# [YOUR INSTRUCTIONS]
Look at each line of the records and count those with "keys" in them. Please answer with the count alone.

# [GIVEN INFORMATION]
-- ===== src/Bridge/Aggregate/Totality.antt =====
-- `_finalize_aggregation` raises nothing on a well-formed round, but for the undefined name.
use dropout.Prelude.{
  ℕ, zero, suc, ◌+◌, ◌*◌, ◌/◌, ◌%◌, ◌≤◌, ◌<◌, ◌≡◌, refl, ap, ◌∙◌, arith, Bool, true, false, ◌||◌,
  some, List, [], ◌∷◌, ltb, leb, ◌==◌, if◌then◌else◌, inl, inr, Bool-cases, map, replicate, length,
  length-replicate, All,
}
use dropout.Prelude.Int.{ℤ, pos, ◌+ℤ◌, ◌*ℤ◌, ◌%ℤ◌}
use dropout.Prelude.Dict.{Dict, lookup, insert, keys, AllValues, AllValues-lookup, lookup-keys}
use dropout.Prelude.Exec.{ok, err, name_error}
use dropout.Bytes.{Bytes}
use dropout.Bytes.Int16.{unpack_int16s_total}
use dropout.Field.{residue-lt}
use dropout.Field.Shape.{IsField, IsShaped, insert-IsShaped, IsField-replicate}
use dropout.Bridge.State.{ClientState, RoundState, round_complete}
use dropout.Bridge.Aggregate.{
  elem, num_chunks_of, zero_chunks, add_values, chunk_of, add_chunk, add_chunks, weight_of,
  add_client, add_survivors, dropout_is_recovered, add_dropouts, scale, average, total_samples,
  finalize_aggregation,
}
use dropout.Shamir.{mod_inv}

-- Every chunk that was received has two bytes for each element.
abbrev pub ChunksFit : ℕ → ClientState → Type 0
ChunksFit chunk_size c =
    AllValues (λ (chunk : Bytes). length chunk ≡ 2 * chunk_size) c.received_chunks

add_values_total :
    (weight : ℕ) (values : List ℤ) (acc : List ℕ)
    → length values ≡ length acc
    → (out : List ℕ) × (add_values weight values acc ≡ ok out)
      × (length out ≡ length acc)
      × IsField out
unfolding add_values
add_values_total w [] [] h = ([], refl, refl, tt)
add_values_total w [] (a ∷ acc) h = absurd (omega arith)
add_values_total w (v ∷ vs) [] h = absurd (omega arith)
add_values_total w (v ∷ vs) (a ∷ acc) h =
    let (out, e, l, f) = add_values_total w vs acc (omega arith) in
    (
      ((pos a +ℤ v *ℤ pos w) %ℤ 3329) ∷ out,
      rw e refl,
      ap suc l,
      (residue-lt (pos a +ℤ v *ℤ pos w), f),
    )

chunk_of-eq :
    (k : ℕ) (chunks : Dict (List ℕ)) (acc : List ℕ)
    → lookup k chunks ≡ some acc
    → chunk_of k chunks ≡ ok acc
unfolding chunk_of
chunk_of-eq k chunks acc at = ground arith

module _ (nc ce : ℕ) where
  add_chunk_total :
      (weight k : ℕ) (chunk : Bytes) (chunks : Dict (List ℕ))
      → length chunk ≡ 2 * ce
      → IsShaped nc ce chunks
      → (chunks' : Dict (List ℕ)) × (add_chunk nc ce weight k chunk chunks ≡ ok chunks')
        × IsShaped nc ce chunks'
  unfolding add_chunk
  add_chunk_total weight k chunk chunks fits h = elim (Bool-cases (leb nc k)) [
    | inl past ↦ (chunks, rw past refl, h)
    | inr present ↦
        let (values, u, lv) = unpack_int16s_total ce chunk fits in
        let (acc, at, la, fa) = h k (ground arith) in
        let (out, e, lo, fo) = add_values_total weight values acc (omega arith) in
        (
          insert k out chunks,
          rw (present, u, chunk_of-eq k chunks acc at, e) refl,
          insert-IsShaped nc ce k out chunks (lo ∙ la) fo h,
        )
  ]

  add_chunks_total :
      (weight : ℕ) (received : Dict Bytes) (chunks : Dict (List ℕ))
      → AllValues (λ (chunk : Bytes). length chunk ≡ 2 * ce) received
      → IsShaped nc ce chunks
      → (chunks' : Dict (List ℕ)) × (add_chunks nc ce weight received chunks ≡ ok chunks')
        × IsShaped nc ce chunks'
  unfolding add_chunks
  add_chunks_total weight [] chunks fits h = (chunks, refl, h)
  add_chunks_total weight ((k, chunk) ∷ received) chunks fits h =
      let (mid, e, hm) = add_chunk_total weight k chunk chunks fits.0 h in
      let (out, e', ho) = add_chunks_total weight received mid fits.1 hm in (out, rw e e', ho)

  add_survivor_total :
      (dropped : Bool) (c : ClientState) (chunks : Dict (List ℕ))
      → ChunksFit ce c
      → IsShaped nc ce chunks
      → (chunks' : Dict (List ℕ)) × ((if dropped
            then ok chunks
            else add_client nc ce (some c) chunks)
          ≡ ok chunks')
        × IsShaped nc ce chunks'
  unfolding add_client
  add_survivor_total true c chunks fits h = (chunks, refl, h)
  add_survivor_total false c chunks fits h = elim (Bool-cases c.completed) [
    | inl e ↦ rw e (add_chunks_total (weight_of c) c.received_chunks chunks fits h)
    | inr e ↦ (chunks, rw e refl, h)
  ]

  add_survivors_total :
      (round : RoundState) (ids : List ℕ) (chunks : Dict (List ℕ))
      → AllValues (ChunksFit ce) round.clients
      → All (λ k. (c : ClientState) × (lookup k round.clients ≡ some c)) ids
      → IsShaped nc ce chunks
      → (chunks' : Dict (List ℕ)) × (add_survivors nc ce round ids chunks ≡ ok chunks')
        × IsShaped nc ce chunks'
  unfolding add_survivors
  add_survivors_total round [] chunks fits known h = (chunks, refl, h)
  add_survivors_total round (cid ∷ ids) chunks fits ((c, at), known) h =
      let (mid, e, hm) =
        add_survivor_total (elem cid round.dropout_clients) c chunks
          (AllValues-lookup (ChunksFit ce) cid round.clients fits at) h in
      let (out, e', ho) = add_survivors_total round ids mid fits known hm in
      (out, rw (at, e) e', ho)

zero_chunks-IsShaped :
    (i left ce k : ℕ)
    → i ≤ k
    → k < i + left
    → (l : List ℕ) × (lookup k (zero_chunks i left ce) ≡ some l) × (length l ≡ ce) × IsField l
unfolding zero_chunks lookup
zero_chunks-IsShaped i zero ce k lo hi = absurd (omega arith)
zero_chunks-IsShaped i (suc left) ce k lo hi = elim (Bool-cases (i == k)) [
  | inl e ↦ (replicate ce 0, rw e refl, length-replicate ce 0, IsField-replicate ce)
  | inr e ↦ rw e (zero_chunks-IsShaped (suc i) left ce k (ground arith) (omega arith))
]

lookup-scale :
    (inv : ℕ) (d : Dict (List ℕ)) (k : ℕ) (l : List ℕ)
    → lookup k d ≡ some l
    → lookup k (scale inv d) ≡ some (map (λ x. x * inv % 3329) l)
unfolding scale lookup
lookup-scale inv [] k l e = cc
lookup-scale inv ((j, m) ∷ d) k l e = ground (arith, lookup-scale inv d k l)

scale_list :
    (inv : ℕ) (l : List ℕ)
    → (length (map (λ x. x * inv % 3329) l) ≡ length l) × IsField (map (λ x. x * inv % 3329) l)
scale_list inv [] = (refl, tt)
scale_list inv (x ∷ l) = let (len, f) = scale_list inv l in (ap suc len, (omega arith, f))

average-IsShaped :
    (total nc ce : ℕ) (chunks : Dict (List ℕ))
    → IsShaped nc ce chunks
    → IsShaped nc ce (average total chunks)
average-IsShaped total nc ce chunks h k lt = elim (Bool-cases (ltb 1 total)) [
  | inl many ↦
      let (l, at, len, f) = h k lt in
      let inv = mod_inv total in
      let (len', f') = scale_list inv l in
      (map (λ x. x * inv % 3329) l, rw many (lookup-scale inv chunks k l at), len' ∙ len, f')
  | inr few ↦ rw few (h k lt)
]

-- Whether a dropped client has a secret.
abbrev pub any_recovered : Dict ClientState → List ℕ → Bool
any_recovered clients [] = false
any_recovered clients (k ∷ ids) =
    dropout_is_recovered (lookup k clients) || any_recovered clients ids

add_dropouts_cases :
    (round : RoundState) (ids : List ℕ) (chunks : Dict (List ℕ))
    → add_dropouts round ids chunks
      ≡ (if any_recovered round.clients ids then err name_error else ok chunks)
unfolding add_dropouts
add_dropouts_cases round [] chunks = refl
add_dropouts_cases round (k ∷ ids) chunks = ground (arith, add_dropouts_cases round ids chunks)

module _ (round : RoundState) (positive : 0 < round.chunk_size)
    (fit : AllValues (ChunksFit round.chunk_size) round.clients) where
  abbrev nc : ℕ
  nc = round.model_size / round.chunk_size

  summed :
      (chunks : Dict (List ℕ)) × (add_survivors nc round.chunk_size round
          (keys round.clients)
          (zero_chunks 0 nc round.chunk_size)
        ≡ ok chunks)
      × IsShaped nc round.chunk_size chunks
  summed =
      add_survivors_total nc round.chunk_size round (keys round.clients)
        (zero_chunks 0 nc round.chunk_size) fit (lookup-keys round.clients)
        (λ k lt. zero_chunks-IsShaped 0 nc round.chunk_size k (omega arith) (omega arith))

  counted : num_chunks_of round.model_size round.chunk_size ≡ ok nc
  unfolding num_chunks_of
  counted = ground arith

  -- On a round with a positive chunk size whose received chunks all have its length, and in which
  -- no dropped client has a secret, the aggregation returns: the round is complete, and every chunk
  -- has `chunk_size` elements, each below 3329.
  pub finalize_aggregation_total :
      any_recovered round.clients round.dropout_clients ≡ false
      → (round' : RoundState) × (finalize_aggregation round ≡ ok round')
        × IsShaped (round.model_size / round.chunk_size) round.chunk_size round'.unmasked_chunks
        × (round'.stage ≡ round_complete)
  unfolding finalize_aggregation
  finalize_aggregation_total none_recovered =
      let (chunks, e, h) = summed in
      (
        record round {
          unmasked_chunks = average (total_samples round.clients) chunks;
          stage = round_complete;
        },
        rw (counted, e, add_dropouts_cases, none_recovered) refl,
        average-IsShaped (total_samples round.clients) nc round.chunk_size chunks h,
        refl,
      )

  -- On such a round in which a dropped client has a secret, it raises NameError.
  pub finalize_aggregation_name_error :
      any_recovered round.clients round.dropout_clients ≡ true
      → finalize_aggregation round ≡ err name_error
  unfolding finalize_aggregation
  finalize_aggregation_name_error recovered =
      let (chunks, e, h) = summed in rw (counted, e, add_dropouts_cases, recovered)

# [SOLUTION FOR THIS EXERCISE]
4